Could you write out all the records once more, exactly?
*** RECORDS SHOWN ***
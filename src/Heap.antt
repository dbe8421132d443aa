-- ===== src/Heap.antt =====
-- The priority queue of waiting readers. The executor takes it from Boost, `pairing_heap` with
-- ReaderOrdering (src/OutputBuffer.cpp): an interface of operations and of the laws that they are
-- documented to obey, and a list as an instance.
use mathlib.Core.List.{Mem, Perm, mem-cons, not-mem-nil}
use mathlib.Core.List.Perm
use mathlib.Core.Logic.Or
use native.Mathlib.Bridge.{le_prop}
use ml_gridengine_executor.Base.{
  ℕ, ◌≤◌, ◌≡◌, refl, subst, List, [], ◌∷◌, Option, none, some, arith, leb, leb_cases, inl, inr,
  if◌then◌else◌,
}

-- The fields of a `ReadRequest` that never change. The others are kept apart, by the request's
-- identity (see Readers).
pub record ReadRequest : Type 0 where
  pub id : ℕ
  pub begin : ℕ
  pub count : ℕ

-- ReaderOrdering puts the request with the smallest `begin` on top.
pub record PairingHeap : Type 1 where
  pub Heap : Type 0
  pub empty : Heap
  pub push : ReadRequest → Heap → Heap
  pub top : Heap → Option ReadRequest
  pub pop : Heap → Heap
  pub items : Heap → List ReadRequest
  pub items-empty : items empty ≡ []
  pub items-push : (x : ReadRequest) (h : Heap) → Perm (items (push x h)) (x ∷ items h)
  pub top_none : (h : Heap) → top h ≡ none → items h ≡ []
  pub top_some : (h : Heap) (x : ReadRequest) → top h ≡ some x → Perm (items h) (x ∷ items (pop h))
  pub top_least :
      (h : Heap) (x y : ReadRequest) → top h ≡ some x → Mem y (items h) → x.begin ≤ y.begin

-- A list whose top is found by going through it.
least : ReadRequest → List ReadRequest → ReadRequest
least x [] = x
least x (y ∷ ys) = least (if leb x.begin y.begin then x else y) ys

others : ReadRequest → List ReadRequest → List ReadRequest
others x [] = []
others x (y ∷ ys) =
    (if leb x.begin y.begin then y else x) ∷ others (if leb x.begin y.begin then x else y) ys

unfoldable pub list_top : List ReadRequest → Option ReadRequest
unfolding least
list_top [] = none
list_top (x ∷ xs) = some (least x xs)

unfoldable pub list_pop : List ReadRequest → List ReadRequest
unfolding others
list_pop [] = []
list_pop (x ∷ xs) = others x xs

least-perm : (x : ReadRequest) (xs : List ReadRequest) → Perm (x ∷ xs) (least x xs ∷ others x xs)
unfolding least others
least-perm x [] = Perm.refl (x ∷ [])
least-perm x (y ∷ ys) = elim (leb_cases x.begin y.begin) [
  | inl (e, le) ↦ rw e (
      Perm.trans (Perm.swap y x ys)
        (Perm.trans (Perm.cons y (least-perm x ys)) (Perm.swap (least x ys) y (others x ys))))
  | inr (e, gt) ↦
      rw e (Perm.trans (Perm.cons x (least-perm y ys)) (Perm.swap (least y ys) x (others y ys)))
]

least-le : (x : ReadRequest) (xs : List ReadRequest) → (least x xs).begin ≤ x.begin
unfolding least
least-le x [] = omega arith
least-le x (y ∷ ys) = elim (leb_cases x.begin y.begin) [
  | inl (e, le) ↦ rw (e, least) (least-le x ys)
  | inr (e, gt) ↦ rw (e, least) (omega (arith, least-le y ys))
]

least-le_mem :
    (x y : ReadRequest) (xs : List ReadRequest) → Mem y (x ∷ xs) → (least x xs).begin ≤ y.begin
unfolding least
least-le_mem x y [] m =
    Or.elim le_prop (mem-cons.0 m) (λ e. rw e (least-le x [])) (λ n. absurd (not-mem-nil n))
least-le_mem x y (z ∷ zs) m =
    Or.elim le_prop (mem-cons.0 m) (λ e. rw e (least-le x (z ∷ zs)))
      (λ n. elim (leb_cases x.begin z.begin) [
        | inr (e, gt) ↦ rw (e, least) (least-le_mem z y zs n)
        | inl (e, le) ↦
            rw (e, least)
              (Or.elim le_prop (mem-cons.0 n) (λ eq. rw eq (omega (arith, least-le x zs)))
                (λ k. least-le_mem x y zs (mem-cons.1 (Or.inr k))))
      ])

pub list_top_some :
    (h : List ReadRequest) (x : ReadRequest) → list_top h ≡ some x → Perm h (x ∷ list_pop h)
unfolding list_top list_pop
list_top_some [] x e = cc
list_top_some (y ∷ ys) x e =
    let eq : least y ys ≡ x = cc in
    subst (λ k. Perm (y ∷ ys) (k ∷ others y ys)) eq (least-perm y ys)

pub list_top-none : (h : List ReadRequest) → list_top h ≡ none → h ≡ []
unfolding list_top
list_top-none [] e = refl
list_top-none (y ∷ ys) e = cc

pub list_top_least :
    (h : List ReadRequest) (x y : ReadRequest) → list_top h ≡ some x → Mem y h → x.begin ≤ y.begin
unfolding list_top
list_top_least [] x y e m = cc
list_top_least (z ∷ zs) x y e m =
    let eq : least z zs ≡ x = cc in subst (λ k. k.begin ≤ y.begin) eq (least-le_mem z y zs m)

-- A heap that obeys the laws.
abbrev pub list_heap : PairingHeap
list_heap = record {
  Heap = List ReadRequest;
  empty = [];
  push = λ x h. x ∷ h;
  top = list_top;
  pop = list_pop;
  items = λ h. h;
  items-empty = refl;
  items-push = λ x h. Perm.refl (x ∷ h);
  top_none = list_top-none;
  top_some = list_top_some;
  top_least = list_top_least;
}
*** End of RECORDS SHOWN ***
EXPECTED ANSWER:
filename src/Heap.antt
repository dbe8421132d443aa
-- ===== src/Heap.antt =====
-- The priority queue of waiting readers. The executor takes it from Boost, `pairing_heap` with
-- ReaderOrdering (src/OutputBuffer.cpp): an interface of operations and of the laws that they are
-- documented to obey, and a list as an instance.
use mathlib.Core.List.{Mem, Perm, mem-cons, not-mem-nil}
use mathlib.Core.List.Perm
use mathlib.Core.Logic.Or
use native.Mathlib.Bridge.{le_prop}
use ml_gridengine_executor.Base.{
  ℕ, ◌≤◌, ◌≡◌, refl, subst, List, [], ◌∷◌, Option, none, some, arith, leb, leb_cases, inl, inr,
  if◌then◌else◌,
}

-- The fields of a `ReadRequest` that never change. The others are kept apart, by the request's
-- identity (see Readers).
pub record ReadRequest : Type 0 where
  pub id : ℕ
  pub begin : ℕ
  pub count : ℕ

-- ReaderOrdering puts the request with the smallest `begin` on top.
pub record PairingHeap : Type 1 where
  pub Heap : Type 0
  pub empty : Heap
  pub push : ReadRequest → Heap → Heap
  pub top : Heap → Option ReadRequest
  pub pop : Heap → Heap
  pub items : Heap → List ReadRequest
  pub items-empty : items empty ≡ []
  pub items-push : (x : ReadRequest) (h : Heap) → Perm (items (push x h)) (x ∷ items h)
  pub top_none : (h : Heap) → top h ≡ none → items h ≡ []
  pub top_some : (h : Heap) (x : ReadRequest) → top h ≡ some x → Perm (items h) (x ∷ items (pop h))
  pub top_least :
      (h : Heap) (x y : ReadRequest) → top h ≡ some x → Mem y (items h) → x.begin ≤ y.begin

-- A list whose top is found by going through it.
least : ReadRequest → List ReadRequest → ReadRequest
least x [] = x
least x (y ∷ ys) = least (if leb x.begin y.begin then x else y) ys

others : ReadRequest → List ReadRequest → List ReadRequest
others x [] = []
others x (y ∷ ys) =
    (if leb x.begin y.begin then y else x) ∷ others (if leb x.begin y.begin then x else y) ys

unfoldable pub list_top : List ReadRequest → Option ReadRequest
unfolding least
list_top [] = none
list_top (x ∷ xs) = some (least x xs)

unfoldable pub list_pop : List ReadRequest → List ReadRequest
unfolding others
list_pop [] = []
list_pop (x ∷ xs) = others x xs

least-perm : (x : ReadRequest) (xs : List ReadRequest) → Perm (x ∷ xs) (least x xs ∷ others x xs)
unfolding least others
least-perm x [] = Perm.refl (x ∷ [])
least-perm x (y ∷ ys) = elim (leb_cases x.begin y.begin) [
  | inl (e, le) ↦ rw e (
      Perm.trans (Perm.swap y x ys)
        (Perm.trans (Perm.cons y (least-perm x ys)) (Perm.swap (least x ys) y (others x ys))))
  | inr (e, gt) ↦
      rw e (Perm.trans (Perm.cons x (least-perm y ys)) (Perm.swap (least y ys) x (others y ys)))
]

least-le : (x : ReadRequest) (xs : List ReadRequest) → (least x xs).begin ≤ x.begin
unfolding least
least-le x [] = omega arith
least-le x (y ∷ ys) = elim (leb_cases x.begin y.begin) [
  | inl (e, le) ↦ rw (e, least) (least-le x ys)
  | inr (e, gt) ↦ rw (e, least) (omega (arith, least-le y ys))
]

least-le_mem :
    (x y : ReadRequest) (xs : List ReadRequest) → Mem y (x ∷ xs) → (least x xs).begin ≤ y.begin
unfolding least
least-le_mem x y [] m =
    Or.elim le_prop (mem-cons.0 m) (λ e. rw e (least-le x [])) (λ n. absurd (not-mem-nil n))
least-le_mem x y (z ∷ zs) m =
    Or.elim le_prop (mem-cons.0 m) (λ e. rw e (least-le x (z ∷ zs)))
      (λ n. elim (leb_cases x.begin z.begin) [
        | inr (e, gt) ↦ rw (e, least) (least-le_mem z y zs n)
        | inl (e, le) ↦
            rw (e, least)
              (Or.elim le_prop (mem-cons.0 n) (λ eq. rw eq (omega (arith, least-le x zs)))
                (λ k. least-le_mem x y zs (mem-cons.1 (Or.inr k))))
      ])

pub list_top_some :
    (h : List ReadRequest) (x : ReadRequest) → list_top h ≡ some x → Perm h (x ∷ list_pop h)
unfolding list_top list_pop
list_top_some [] x e = cc
list_top_some (y ∷ ys) x e =
    let eq : least y ys ≡ x = cc in
    subst (λ k. Perm (y ∷ ys) (k ∷ others y ys)) eq (least-perm y ys)

pub list_top-none : (h : List ReadRequest) → list_top h ≡ none → h ≡ []
unfolding list_top
list_top-none [] e = refl
list_top-none (y ∷ ys) e = cc

pub list_top_least :
    (h : List ReadRequest) (x y : ReadRequest) → list_top h ≡ some x → Mem y h → x.begin ≤ y.begin
unfolding list_top
list_top_least [] x y e m = cc
list_top_least (z ∷ zs) x y e m =
    let eq : least z zs ≡ x = cc in subst (λ k. k.begin ≤ y.begin) eq (least-le_mem z y zs m)

-- A heap that obeys the laws.
abbrev pub list_heap : PairingHeap
list_heap = record {
  Heap = List ReadRequest;
  empty = [];
  push = λ x h. x ∷ h;
  top = list_top;
  pop = list_pop;
  items = λ h. h;
  items-empty = refl;
  items-push = λ x h. Perm.refl (x ∷ h);
  top_none = list_top-none;
  top_some = list_top_some;
  top_least = list_top_least;
}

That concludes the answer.